MATERIAL SHOWN Block Start

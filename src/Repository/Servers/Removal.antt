-- ===== src/Repository/Servers/Removal.antt =====
-- What deleting a Docker server says and does: api/src/repository/docker_server_repo.rs (lines 94 to 100),
-- api/src/handlers/docker_servers.rs (lines 41 to 55).
use dbsaa_s.Prelude.{
  ℕ, ◌≡◌, ◌≢◌, refl, sym, ◌∙◌, ap, Bool, true, false, delete, any, ltb, arith, count, ◌&&◌, ◌==◌,
  List, [], ◌∷◌, Option, none, some, All, Bool-cases, ◌⊎◌, inl, inr, String, and-left, and-right,
  or-false, All-map, All-any, Option-cases, ==→eq, ==-self,
}
use dbsaa_s.Text.{concat, show_i32}
use dbsaa_s.Prelude.Int.{pos}
use dbsaa_s.Models.{DatabaseInstance, PrivateNetwork, NetworkPeering, DbStatus, is_live}
use dbsaa_s.Errors.{AppError, Result, ok, err}
use dbsaa_s.Platform.{State, modify, throw_if, run, ◌>>◌}
use dbsaa_s.Repository.Networks.{foreign_key}
use dbsaa_s.Repository.Servers.{on_server, containers_on, count_containers_on_server}
use dbsaa_s.Repository.Servers.Admin.{is_server, is_referred, names_server}
use dbsaa_s.Repository.Servers.Admin
use dbsaa_s.Repository.Servers.Placement.{Among}
use dbsaa_s.Admin.Servers.{delete_server}

-- A database that is neither in error nor being deleted has its container on the server.
pub record IsUsing (id : ℕ) (d : DatabaseInstance) : Type 0 where
  pub on_it : d.docker_server_id ≡ some id
  pub no_error : d.status ≢ DbStatus.error
  pub not_going : d.status ≢ DbStatus.deleting

-- A row of a table that names a server names this one.
abbrev pub Names : {A : Type 0} → (A → Option ℕ) → ℕ → List A → Type 0
Names {A} server_of id rows = (a : A) × Among a rows × (server_of a ≡ some id)

abbrev pub NamesNone : {A : Type 0} → (A → Option ℕ) → ℕ → List A → Type 0
NamesNone server_of id rows = All (λ a. server_of a ≢ some id) rows

abbrev of_database : DatabaseInstance → Option ℕ
of_database d = d.docker_server_id

abbrev of_network : PrivateNetwork → Option ℕ
of_network n = n.docker_server_id

abbrev of_peering : NetworkPeering → Option ℕ
of_peering p = p.docker_server_id

module _ {A : Type 0} (p : A → Bool) where
  Among-any : (l : List A) → any p l ≡ true → (a : A) × Among a l × (p a ≡ true)
  Among-any [] h = cc
  Among-any (x ∷ xs) h = elim (Bool-cases (p x)) [
    | inl y ↦ (x, inl refl, y)
    | inr n ↦ let (a, m, e) = Among-any xs (rw n at h) in (a, inr m, e)
  ]

  any-Among : (a : A) (l : List A) → Among a l → p a ≡ true → any p l ≡ true
  any-Among a [] m e = absurd m
  any-Among a (x ∷ xs) (inl same) e = rw (ap p (sym same) ∙ e) refl
  any-Among a (x ∷ xs) (inr m) e = ground (arith, any-Among a xs m e)

  any-count : (l : List A) → ltb 0 (count p l) ≡ any p l
  any-count [] = refl
  any-count (x ∷ xs) = ground (arith, any-count xs)

module _ (id : ℕ) where
  names_server-eq : (o : Option ℕ) → names_server id o ≡ true → o ≡ some id
  names_server-eq none h = cc
  names_server-eq (some server) h = ap some (==→eq server id h)

  names_server-ne : (o : Option ℕ) → names_server id o ≡ false → o ≢ some id
  names_server-ne o h e =
      let bad : false ≡ true = sym h ∙ (ap (names_server id) e ∙ ==-self id) in cc

  is_live-ne :
      (status : DbStatus)
      → is_live status ≡ true
      → (status ≢ DbStatus.error) × (status ≢ DbStatus.deleting)
  is_live-ne status h = (
    λ e. let bad : true ≡ false = sym h ∙ ap is_live e in cc,
    λ e. let bad : true ≡ false = sym h ∙ ap is_live e in cc,
  )

  ne-is_live :
      (status : DbStatus)
      → status ≢ DbStatus.error
      → status ≢ DbStatus.deleting
      → is_live status ≡ true
  ne-is_live DbStatus.provisioning e d = refl
  ne-is_live DbStatus.running e d = refl
  ne-is_live DbStatus.stopped e d = refl
  ne-is_live DbStatus.error e d = absurd (e refl)
  ne-is_live DbStatus.deleting e d = absurd (d refl)

  IsUsing-on_server : (d : DatabaseInstance) → on_server id d ≡ true → IsUsing id d
  IsUsing-on_server d h = elim (Option-cases d.docker_server_id) [
    | inl e ↦ let bad : false ≡ true = rw e at h in cc
    | inr (server, e) ↦
        let both : (server == id && is_live d.status) ≡ true = rw e at h in
        let (no_error, not_going) = is_live-ne d.status (and-right _ _ both) in
        record {
          on_it = e ∙ ap some (==→eq server id (and-left _ _ both));
          no_error = no_error;
          not_going = not_going;
        }
  ]

  on_server-IsUsing : (d : DatabaseInstance) → IsUsing id d → on_server id d ≡ true
  on_server-IsUsing d u = rw (u.on_it, ==-self id, ne-is_live d.status u.no_error u.not_going) refl

module _ {W : Type 0} (id : ℕ) (s : State W) where
  abbrev pub IsBusy : Type 0
  IsBusy = (d : DatabaseInstance) × Among d s.instances × IsUsing id d

  abbrev pub IsNamed : Type 0
  IsNamed =
      Names of_database id s.instances
      ⊎ (Names of_network id s.networks ⊎ Names of_peering id s.peerings)

  abbrev pub IsFree : Type 0
  IsFree =
      NamesNone of_database id s.instances
      × NamesNone of_network id s.networks
      × NamesNone of_peering id s.peerings

  -- What a call answers: a 400 while a database runs on the server, an error of PostgreSQL while a row
  -- names it, and `ok` when nothing does.
  abbrev pub Outcome : Result (Unit {0}) × State W → Type 0
  Outcome x =
      (IsBusy × ((msg : String) × (x ≡ (err (AppError.bad_request msg), s))))
      ⊎ (((¬ IsBusy) × IsNamed × (x ≡ (err foreign_key, s)))
          ⊎ (IsFree × (x ≡ (ok tt, record s { servers = delete (is_server id) s.servers }))))

  busy_or_not :
      (ltb 0 (containers_on s.instances id) ≡ true → IsBusy)
      × (ltb 0 (containers_on s.instances id) ≡ false → ¬ IsBusy)
  busy_or_not = (
    λ h.
        let (d, m, e) =
          Among-any (on_server id) s.instances (sym (any-count (on_server id) s.instances) ∙ h) in
        (d, m, IsUsing-on_server id d e),
    λ h (d, m, u).
        let bad : true ≡ false =
          sym (any-Among (on_server id) d s.instances m (on_server-IsUsing id d u))
          ∙ (sym (any-count (on_server id) s.instances) ∙ h) in
        cc,
  )

  named_or_free : (is_referred s id ≡ true → IsNamed) × (is_referred s id ≡ false → IsFree)
  named_or_free = (
    λ h. elim (Bool-cases (any (λ d. names_server id (of_database d)) s.instances)) [
      | inl y ↦ inl (named of_database s.instances y)
      | inr n ↦ elim (Bool-cases (any (λ d. names_server id (of_network d)) s.networks)) [
        | inl y ↦ inr (inl (named of_network s.networks y))
        | inr k ↦ inr (inr (named of_peering s.peerings (rw (n, k) at h)))
      ]
    ],
    λ h.
        let (d, later) = or-false _ _ h in
        let (n, p) = or-false _ _ later in
        (
          unnamed of_database s.instances d,
          unnamed of_network s.networks n,
          unnamed of_peering s.peerings p,
        ),
  )
    where
      named :
          {A : Type 0} (f : A → Option ℕ) (l : List A)
          → any (λ a. names_server id (f a)) l ≡ true
          → Names f id l
      named f l h =
          let (a, m, e) = Among-any (λ a. names_server id (f a)) l h in
          (a, m, names_server-eq id (f a) e)

      unnamed :
          {A : Type 0} (f : A → Option ℕ) (l : List A)
          → any (λ a. names_server id (f a)) l ≡ false
          → NamesNone f id l
      unnamed f l h =
          All-map _ _ (λ a. names_server-ne id (f a)) l (All-any (λ a. names_server id (f a)) l h)

  abbrev message : String
  message = concat (
      "Server still has "
      ∷ show_i32 (pos (containers_on s.instances id))
      ∷ " active containers. Migrate them first."
      ∷ [])

  -- The call, by the answer to its first question, and the statement, by that to its own.
  abbrev asked : Bool → Result (Unit {0}) × State W
  asked busy = (throw_if busy (AppError.bad_request message) >> Admin.remove id) s

  abbrev statement : Bool → Result (Unit {0}) × State W
  statement barred =
      (throw_if barred foreign_key
          >> modify (λ t. record t { servers = delete (is_server id) t.servers }))
        s

  refused :
      ltb 0 (containers_on s.instances id) ≡ true
      → (msg : String) × (delete_server id s ≡ (err (AppError.bad_request msg), s))
  unfolding delete_server count_containers_on_server run
  refused busy = (message, ap asked busy)

  barred_by_key :
      ltb 0 (containers_on s.instances id) ≡ false
      → (any (is_server id) s.servers && is_referred s id) ≡ true
      → delete_server id s ≡ (err foreign_key, s)
  unfolding delete_server Admin.remove count_containers_on_server run
  barred_by_key idle barred = ap asked idle ∙ ap statement barred

  removed :
      ltb 0 (containers_on s.instances id) ≡ false
      → (any (is_server id) s.servers && is_referred s id) ≡ false
      → delete_server id s ≡ (ok tt, record s { servers = delete (is_server id) s.servers })
  unfolding delete_server Admin.remove count_containers_on_server run
  removed idle free = ap asked idle ∙ ap statement free

  -- For a server of the table, the endpoint that deletes it has one of three outcomes: a 400 with nothing
  -- changed, and some database that is neither in error nor being deleted is on the server; or an error
  -- of PostgreSQL with nothing changed, no such database, and a row of the databases, networks or peerings
  -- that still names the server; or `ok`, no row of these tables names it, the server is gone, and nothing
  -- else has changed.
  pub delete_server-outcomes : any (is_server id) s.servers ≡ true → Outcome (delete_server id s)
  delete_server-outcomes there = elim (Bool-cases (ltb 0 (containers_on s.instances id))) [
    | inl y ↦ inl (busy_or_not.0 y, refused y)
    | inr n ↦ elim (Bool-cases (is_referred s id)) [
      | inl y ↦ inr (inl (busy_or_not.1 n, named_or_free.0 y, barred_by_key n (rw (there, y) refl)))
      | inr f ↦ inr (inr (named_or_free.1 f, removed n (rw (there, f) refl)))
    ]
  ]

MATERIAL SHOWN Block End

Exactly the lines above from the one with "(IsFree × (x" to the one with "false → ¬ IsBusy)", both included, are to be quoted; leave the rest out.

ANSWER TO THIS TASK
          ⊎ (IsFree × (x ≡ (ok tt, record s { servers = delete (is_server id) s.servers }))))

  busy_or_not :
      (ltb 0 (containers_on s.instances id) ≡ true → IsBusy)
      × (ltb 0 (containers_on s.instances id) ≡ false → ¬ IsBusy)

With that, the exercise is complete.